Тута был усю дорогу, — проскрипел он наждачно. — Тута парень был. Усю дорогу был. Куда делся? А может, вы его… этта…
Солдат провел себе пальцем по шее.
Дурак! — Бешенство ненависти к ним ко всем, бессловесным, косноязычным, безъязыким, забитым, захлестнуло ее. — Мы, врачи, по-твоему, виноваты, что больной сбежал! — Она оглядела палату бешеными глазами. — Вы хоть догадываетесь, что отсюда нельзя убежать никому?! Что отсюда — за все годы моей работы — никто не сбегал?!
Толстый Колька, ворохнувшись, подал голос с койки:
Догадываемся, Ангелина Андреевна… Знаем…
И что? Где Косов?! Где Косов, я вас спрашиваю? Кто видел его последний раз? Неужели вы такие идиоты, что вы ничего не помните?! Или вас всех, скопом, стадом надо отправить на ЭШТ, чтобы у вас развязались языки?!
В полной тишине проскрипел наждачный хрип Солдата:
Не обессудь, врачица. Все мы тут солдаты. Все мы идиоты. Кем нас сделали, теми мы и пребываем. Поняла?
И она осеклась.
И обвела палату глазами.
И поняла: никто из них ей ничего не скажет. Даже под током в шесть тысяч вольт.
Если бы его заставили рассказать, как он сделал это, он бы не рассказал. Кто его вел? Что его вело? Как он додумался до всех тонкостей побега? Ведь он еще никогда ниоткуда не сбегал. Он только удирал от ментов после побоищ, что братья-скины называли битвами за святую Россию, вот и все его бега. Он понял: Ангелина больше не его, ее взял Хайдер. Вернее, она взяла его. Взяла хищно, грубо — он уже отлично знал ее манеру сразу подчинять себе людей, присваивать их. Лия умерла. Больше нет их песен в ночи, в стонущей, полной людьми несчастной палате. Больше нет их надежд на то, что мир будет переделан, перекроен по выкройке Кельтского Креста. После разгрома скинхедов, отважившихся, под предводительством Фюрера, на Хрустальную ночь, умерла его вера. Первое поражение отпечаталось черной печатью на его груди. У Леньки Суслика в палате был транзистор, и он, жадно приникнув к нему ухом, слушал новости, где отловленных после Хрустальной ночи скинхедов поливали грязью и мешали с дерьмом. Они что-то делали не так! Не так их вел Хайдер.
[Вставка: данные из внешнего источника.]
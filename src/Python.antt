-- ===== src/Python.antt =====
-- What the program uses of Python and of its standard library: exceptions, conversions between
-- values, and the calls whose text is not modelled.
use Prim.Native.Char.{code}
use codex_ralph_vault_loop.Base.{
  ℕ, zero, suc, ◌+◌, ◌/◌, ◌≡◌, refl, ◌⊎◌, inl, inr, Bool, true, false, not, ◌&&◌, Option, none,
  some, String, ◌==◌, is_empty, if◌then◌else◌,
}
use codex_ralph_vault_loop.Base.Int.{ℤ, pos, negsuc, eqb_ℤ}
use codex_ralph_vault_loop.Json.{
  Json, null, bool, int, float, text, arr, obj, nil, cons, end, field,
}
use codex_ralph_vault_loop.Json.Eq.{number_value}

-- A call that returns or raises.
pub data Result {ℓ κ} (E : Type ℓ) (A : Type κ) : Type (ℓ ⊔ κ) where
  ok : A → Result E A
  err : E → Result E A

infixl 5 ◌>>=◌ ◌>>◌
abbrev pub ◌>>=◌ {ℓ κ ι} :
    {E : Type ℓ} {A : Type κ} {B : Type ι} → Result E A → (A → Result E B) → Result E B
ok x >>= next = next x
err raised >>= next = err raised

abbrev pub ◌>>◌ {ℓ κ ι} :
    {E : Type ℓ} {A : Type κ} {B : Type ι} → Result E A → Result E B → Result E B
first >> second = first >>= λ _. second

-- `if not test: raise error`
abbrev pub require {ℓ} : {E : Type ℓ} → Bool → E → Result E (Unit {0})
require test error = elim test [ true ↦ ok tt | false ↦ err error ]

-- A block that returned: its first call did, and so did the rest.
pub bind-eq-ok {ℓ κ ι} :
    {E : Type ℓ} {A : Type κ} {B : Type ι} (call : Result E A) (next : A → Result E B) {y : B}
    → ◌≡◌ {A = Result E B} (call >>= next) (ok y)
    → (x : A) × ◌≡◌ {A = Result E A} call (ok x) × ◌≡◌ {A = Result E B} (next x) (ok y)
bind-eq-ok (ok x) next e = (x, refl, e)
bind-eq-ok (err raised) next e = cc

pub Result-cases {ℓ κ} :
    {E : Type ℓ} {A : Type κ} (m : Result E A) → ((e : E) × (m ≡ err e)) ⊎ ((a : A) × (m ≡ ok a))
Result-cases (ok a) = inr (a, refl)
Result-cases (err e) = inl (e, refl)

pub ok-injective {ℓ κ} :
    {E : Type ℓ} {A : Type κ} {a b : A} → ◌≡◌ {A = Result E A} (ok a) (ok b) → a ≡ b
ok-injective h = cc

-- The exceptions of the standard library that the program catches.
pub data Exception : Type 0 where
  os_error type_error value_error : Exception

-- The calls of the standard library that are taken as they come: hashes, the text of a value, and
-- the tables of Unicode.
pub record Library : Type 0 where
  -- `hashlib.sha256(s.encode("utf-8")).hexdigest()`
  pub sha256 : String → String
  -- `str(v)` of a number, a list or a dictionary
  pub repr : Json → String
  -- `json.dumps(v, ensure_ascii=False, sort_keys=True, separators=(",", ":"))`
  pub dumps : Json → String
  -- `s.lower()` and `s.upper()`
  pub lower : String → String
  pub upper : String → String
  -- `float(s)` and `int(s)` of a text; `none` is a ValueError
  pub float_of : String → Option ℤ
  pub int_of : String → Option ℤ
  -- `c.isalnum()` and `c.isspace()` of a character
  pub is_alnum : ℕ → Bool
  pub is_space : ℕ → Bool

abbrev opposite : ℕ → ℤ
opposite zero = pos 0
opposite (suc n) = negsuc n

-- `bool(v)`
abbrev pub truthy : Json → Bool
truthy null = false
truthy (bool b) = b
truthy (int z) = not (eqb_ℤ z (pos 0))
truthy (float z) = not (eqb_ℤ z (pos 0))
truthy (text s) = not (is_empty s)
truthy (arr nil) = false
truthy (arr (cons x xs)) = true
truthy (obj end) = false
truthy (obj (field k v d)) = true

-- `v == s` for a text `s`
abbrev pub is_text : String → Json → Bool
is_text s (text t) = t == s
is_text s _ = false

-- `v or w`
abbrev pub or_else : Json → Json → Json
or_else v w = if truthy v then v else w

module _ (py : Library) where
  -- `s.strip()`
  abbrev strip_left : String → String
  strip_left String.[] = String.[]
  strip_left (String.◌∷◌ c s) = if py.is_space (code c) then strip_left s else String.◌∷◌ c s

  abbrev strip_right : String → String
  strip_right String.[] = String.[]
  strip_right (String.◌∷◌ c s) =
      let rest = strip_right s in
      if py.is_space (code c) && is_empty rest then String.[] else String.◌∷◌ c rest

  abbrev pub strip : String → String
  strip s = strip_right (strip_left s)

  -- `str(v)`
  abbrev pub to_str : Json → String
  to_str null = "None"
  to_str (bool true) = "True"
  to_str (bool false) = "False"
  to_str (text s) = s
  to_str v = py.repr v

  -- `float(v)` in millionths; `none` is a TypeError or a ValueError
  abbrev pub to_float : Json → Option ℤ
  to_float (text s) = py.float_of s
  to_float v = number_value v

  -- `int(v)`, which cuts a fraction off towards zero
  abbrev pub to_int : Json → Result Exception ℤ
  to_int null = err Exception.type_error
  to_int (bool true) = ok (pos 1)
  to_int (bool false) = ok (pos 0)
  to_int (int z) = ok z
  to_int (float (pos n)) = ok (pos (n / 1_000_000))
  to_int (float (negsuc n)) = ok (opposite ((n + 1) / 1_000_000))
  to_int (text s) = elim (py.int_of s) [ none ↦ err Exception.value_error | some z ↦ ok z ]
  to_int (arr xs) = err Exception.type_error
  to_int (obj d) = err Exception.type_error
А что, всегда в поражении виноват Вождь?!
Он понял: здесь, в этой безглазой жуткой тюрьме, пышно именуемой спецбольницей, с плафонами под голым потолком, с двадцатой комнатой, где сквозь тебя пропускают смертную муку, ему больше делать нечего.
Он не думал, что с ним будет, если его отловят. Он предпочитал не думать об этом.
На худой конец, оставалось последнее средство.
Если его поймают во время побега и вернут обратно в палату, все равно оставалась Ангелина.
И оставался — в ее кабинете — ее стеклянный шкаф с лекарствами.
Пачка снотворных. Любой сильнодействующий яд. Можно отравиться даже обычным димедролом — Санька Клещ, бравый скин, когда какие-то фраера пришили его девчонку на Москворецком мосту, сперва пырнули скобой в бок, потом сбросили в Москва-реку, съел пятьдесят таблеток димедрола и отбросил коньки.